#### Exercise goal
The answer must be the data, repeated exactly.

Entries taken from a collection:
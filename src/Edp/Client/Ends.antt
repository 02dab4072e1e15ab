-- ===== src/Edp/Client/Ends.antt =====
-- How the polling loop of src/edp_client/edp_client_service.py ends.
use platform_api.Prelude.{
  Bool-cases, Result, Text, arith, err, false, if◌then◌else◌, inl, inr, ltb, ltb→lt, ok, refl, suc,
  zero, ℕ, ◌*◌, ◌+◌, ◌<◌, ◌≡◌, ◌≤◌,
}
use platform_api.Edp.Artifacts.{JobCreated, JobResult, JobStatus, complete, failed, running}
use platform_api.Edp.Client.{
  PollError, answered, ended, job_failed, out_of_fuel, poll, raised, submit_and_wait, timed_out,
}

ltb-false→le : (a b : ℕ) → ltb a b ≡ false → b ≤ a
ltb-false→le a b h = ground arith

module _ {S X : Type 0} (now : S → ℕ) (get_job : Text → S → Result X JobResult × S) (sleep : S → S)
    (interval : ℕ) (post_job : Text → S → Result X JobCreated × S) where
  -- An ended job's result, the failure that it reports, a timeout after the deadline, or an exception
  -- of the HTTP client.
  abbrev pub HasEnded : ℕ → Result (PollError X) JobResult × S → Type 0
  HasEnded deadline (ok body, s) = body.status ≡ complete
  HasEnded deadline (err (raised e), s) = Unit
  HasEnded deadline (err (job_failed job_id e), s) = Unit
  HasEnded deadline (err timed_out, s) = deadline ≤ now s
  HasEnded deadline (err out_of_fuel, s) = ⊥

  module _ (asks : (job_id : Text) (s : S) → now s ≤ now (get_job job_id s).1)
      (sleeps : (s : S) → now s + interval ≤ now (sleep s)) where
    ended-HasEnded :
        (job_id : Text) (deadline : ℕ) (body : JobResult) (status : JobStatus) (s : S)
        (again : S → Result (PollError X) JobResult × S)
        → body.status ≡ status
        → HasEnded deadline (again (sleep s))
        → HasEnded deadline (ended now post_job get_job sleep job_id body status s again)
    unfolding ended
    ended-HasEnded job_id deadline body running s again e h = h
    ended-HasEnded job_id deadline body complete s again e h = e
    ended-HasEnded job_id deadline body failed s again e h = tt

    answered-HasEnded :
        (job_id : Text) (deadline : ℕ) (r : Result X JobResult × S)
        (again : S → Result (PollError X) JobResult × S)
        → HasEnded deadline (again (sleep r.1))
        → HasEnded deadline (answered now post_job get_job sleep job_id r again)
    unfolding answered
    answered-HasEnded job_id deadline (err e, s) again h = tt
    answered-HasEnded job_id deadline (ok body, s) again h =
        ended-HasEnded job_id deadline body body.status s again refl h

    turn-HasEnded :
        (job_id : Text) (deadline : ℕ) (s : S) (again : S → Result (PollError X) JobResult × S)
        → (now s < deadline → HasEnded deadline (again (sleep (get_job job_id s).1)))
        → HasEnded deadline (
            if ltb (now s) deadline
            then answered now post_job get_job sleep job_id (get_job job_id s) again
            else (err timed_out, s))
    turn-HasEnded job_id deadline s again h = elim (Bool-cases (ltb (now s) deadline)) [
      | inr e ↦ rw e (ltb-false→le (now s) deadline e)
      | inl e ↦ rw e (
          answered-HasEnded job_id deadline (get_job job_id s) again
            (h (ltb→lt (now s) deadline e)))
    ]

    poll-HasEnded :
        (fuel : ℕ) (job_id : Text) (deadline : ℕ) (s : S)
        → deadline ≤ now s + interval * fuel
        → HasEnded deadline (poll now post_job get_job sleep (suc fuel) job_id deadline s)
    unfolding poll
    poll-HasEnded zero job_id deadline s h =
        turn-HasEnded job_id deadline s (poll now post_job get_job sleep zero job_id deadline)
          λ l. absurd (omega arith)
    poll-HasEnded (suc n) job_id deadline s h =
        turn-HasEnded job_id deadline s (poll now post_job get_job sleep (suc n) job_id deadline)
          λ l.
            poll-HasEnded n job_id deadline (sleep (get_job job_id s).1)
              (omega (arith, asks job_id s, sleeps (get_job job_id s).1))

-- Where polling and sleeping do not turn the clock back, and a sleep takes at least the interval, a
-- fuel for as many sleeps as the timeout holds is enough: `submit_and_wait` returns a job that is
-- complete, or raises: the job's failure, the HTTP client's exception or, with the deadline of the job
-- passed, the timeout.
pub submit_and_wait-HasEnded :
    {S X : Type 0} (now : S → ℕ) (get_job : Text → S → Result X JobResult × S) (sleep : S → S)
    (interval : ℕ) (post_job : Text → S → Result X JobCreated × S)
    → ((job_id : Text) (s : S) → now s ≤ now (get_job job_id s).1)
    → ((s : S) → now s + interval ≤ now (sleep s))
    → (fuel timeout : ℕ) (payload : Text) (s : S) → timeout ≤ interval * fuel
    → HasEnded now get_job sleep interval post_job
        (now (post_job payload s).1 + timeout)
        (submit_and_wait now post_job get_job sleep (suc fuel) timeout payload s)
unfolding submit_and_wait
submit_and_wait-HasEnded now get_job sleep interval post_job asks sleeps fuel timeout payload s h =
    submitted (post_job payload s)
  where
    submitted :
        (o : Result _ JobCreated × _)
        → HasEnded now get_job sleep interval post_job (now o.1 + timeout) (elim o.0 [
          | err e ↦ (err (raised e), o.1)
          | ok job ↦ poll now post_job get_job sleep (suc fuel) job.job_id (now o.1 + timeout) o.1
        ])
    submitted (err e, t) = tt
    submitted (ok job, t) =
        poll-HasEnded now get_job sleep interval post_job asks sleeps fuel job.job_id
          (now t + timeout) t (omega arith)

#### Reply
filename src/Edp/Client/Ends.antt
repository 02dab4072e1e15ab
-- ===== src/Edp/Client/Ends.antt =====
-- How the polling loop of src/edp_client/edp_client_service.py ends.
use platform_api.Prelude.{
  Bool-cases, Result, Text, arith, err, false, if◌then◌else◌, inl, inr, ltb, ltb→lt, ok, refl, suc,
  zero, ℕ, ◌*◌, ◌+◌, ◌<◌, ◌≡◌, ◌≤◌,
}
use platform_api.Edp.Artifacts.{JobCreated, JobResult, JobStatus, complete, failed, running}
use platform_api.Edp.Client.{
  PollError, answered, ended, job_failed, out_of_fuel, poll, raised, submit_and_wait, timed_out,
}

ltb-false→le : (a b : ℕ) → ltb a b ≡ false → b ≤ a
ltb-false→le a b h = ground arith

module _ {S X : Type 0} (now : S → ℕ) (get_job : Text → S → Result X JobResult × S) (sleep : S → S)
    (interval : ℕ) (post_job : Text → S → Result X JobCreated × S) where
  -- An ended job's result, the failure that it reports, a timeout after the deadline, or an exception
  -- of the HTTP client.
  abbrev pub HasEnded : ℕ → Result (PollError X) JobResult × S → Type 0
  HasEnded deadline (ok body, s) = body.status ≡ complete
  HasEnded deadline (err (raised e), s) = Unit
  HasEnded deadline (err (job_failed job_id e), s) = Unit
  HasEnded deadline (err timed_out, s) = deadline ≤ now s
  HasEnded deadline (err out_of_fuel, s) = ⊥

  module _ (asks : (job_id : Text) (s : S) → now s ≤ now (get_job job_id s).1)
      (sleeps : (s : S) → now s + interval ≤ now (sleep s)) where
    ended-HasEnded :
        (job_id : Text) (deadline : ℕ) (body : JobResult) (status : JobStatus) (s : S)
        (again : S → Result (PollError X) JobResult × S)
        → body.status ≡ status
        → HasEnded deadline (again (sleep s))
        → HasEnded deadline (ended now post_job get_job sleep job_id body status s again)
    unfolding ended
    ended-HasEnded job_id deadline body running s again e h = h
    ended-HasEnded job_id deadline body complete s again e h = e
    ended-HasEnded job_id deadline body failed s again e h = tt

    answered-HasEnded :
        (job_id : Text) (deadline : ℕ) (r : Result X JobResult × S)
        (again : S → Result (PollError X) JobResult × S)
        → HasEnded deadline (again (sleep r.1))
        → HasEnded deadline (answered now post_job get_job sleep job_id r again)
    unfolding answered
    answered-HasEnded job_id deadline (err e, s) again h = tt
    answered-HasEnded job_id deadline (ok body, s) again h =
        ended-HasEnded job_id deadline body body.status s again refl h

    turn-HasEnded :
        (job_id : Text) (deadline : ℕ) (s : S) (again : S → Result (PollError X) JobResult × S)
        → (now s < deadline → HasEnded deadline (again (sleep (get_job job_id s).1)))
        → HasEnded deadline (
            if ltb (now s) deadline
            then answered now post_job get_job sleep job_id (get_job job_id s) again
            else (err timed_out, s))
    turn-HasEnded job_id deadline s again h = elim (Bool-cases (ltb (now s) deadline)) [
      | inr e ↦ rw e (ltb-false→le (now s) deadline e)
      | inl e ↦ rw e (
          answered-HasEnded job_id deadline (get_job job_id s) again
            (h (ltb→lt (now s) deadline e)))
    ]

    poll-HasEnded :
        (fuel : ℕ) (job_id : Text) (deadline : ℕ) (s : S)
        → deadline ≤ now s + interval * fuel
        → HasEnded deadline (poll now post_job get_job sleep (suc fuel) job_id deadline s)
    unfolding poll
    poll-HasEnded zero job_id deadline s h =
        turn-HasEnded job_id deadline s (poll now post_job get_job sleep zero job_id deadline)
          λ l. absurd (omega arith)
    poll-HasEnded (suc n) job_id deadline s h =
        turn-HasEnded job_id deadline s (poll now post_job get_job sleep (suc n) job_id deadline)
          λ l.
            poll-HasEnded n job_id deadline (sleep (get_job job_id s).1)
              (omega (arith, asks job_id s, sleeps (get_job job_id s).1))

-- Where polling and sleeping do not turn the clock back, and a sleep takes at least the interval, a
-- fuel for as many sleeps as the timeout holds is enough: `submit_and_wait` returns a job that is
-- complete, or raises: the job's failure, the HTTP client's exception or, with the deadline of the job
-- passed, the timeout.
pub submit_and_wait-HasEnded :
    {S X : Type 0} (now : S → ℕ) (get_job : Text → S → Result X JobResult × S) (sleep : S → S)
    (interval : ℕ) (post_job : Text → S → Result X JobCreated × S)
    → ((job_id : Text) (s : S) → now s ≤ now (get_job job_id s).1)
    → ((s : S) → now s + interval ≤ now (sleep s))
    → (fuel timeout : ℕ) (payload : Text) (s : S) → timeout ≤ interval * fuel
    → HasEnded now get_job sleep interval post_job
        (now (post_job payload s).1 + timeout)
        (submit_and_wait now post_job get_job sleep (suc fuel) timeout payload s)
unfolding submit_and_wait
submit_and_wait-HasEnded now get_job sleep interval post_job asks sleeps fuel timeout payload s h =
    submitted (post_job payload s)
  where
    submitted :
        (o : Result _ JobCreated × _)
        → HasEnded now get_job sleep interval post_job (now o.1 + timeout) (elim o.0 [
          | err e ↦ (err (raised e), o.1)
          | ok job ↦ poll now post_job get_job sleep (suc fuel) job.job_id (now o.1 + timeout) o.1
        ])
    submitted (err e, t) = tt
    submitted (ok job, t) =
        poll-HasEnded now get_job sleep interval post_job asks sleeps fuel job.job_id
          (now t + timeout) t (omega arith)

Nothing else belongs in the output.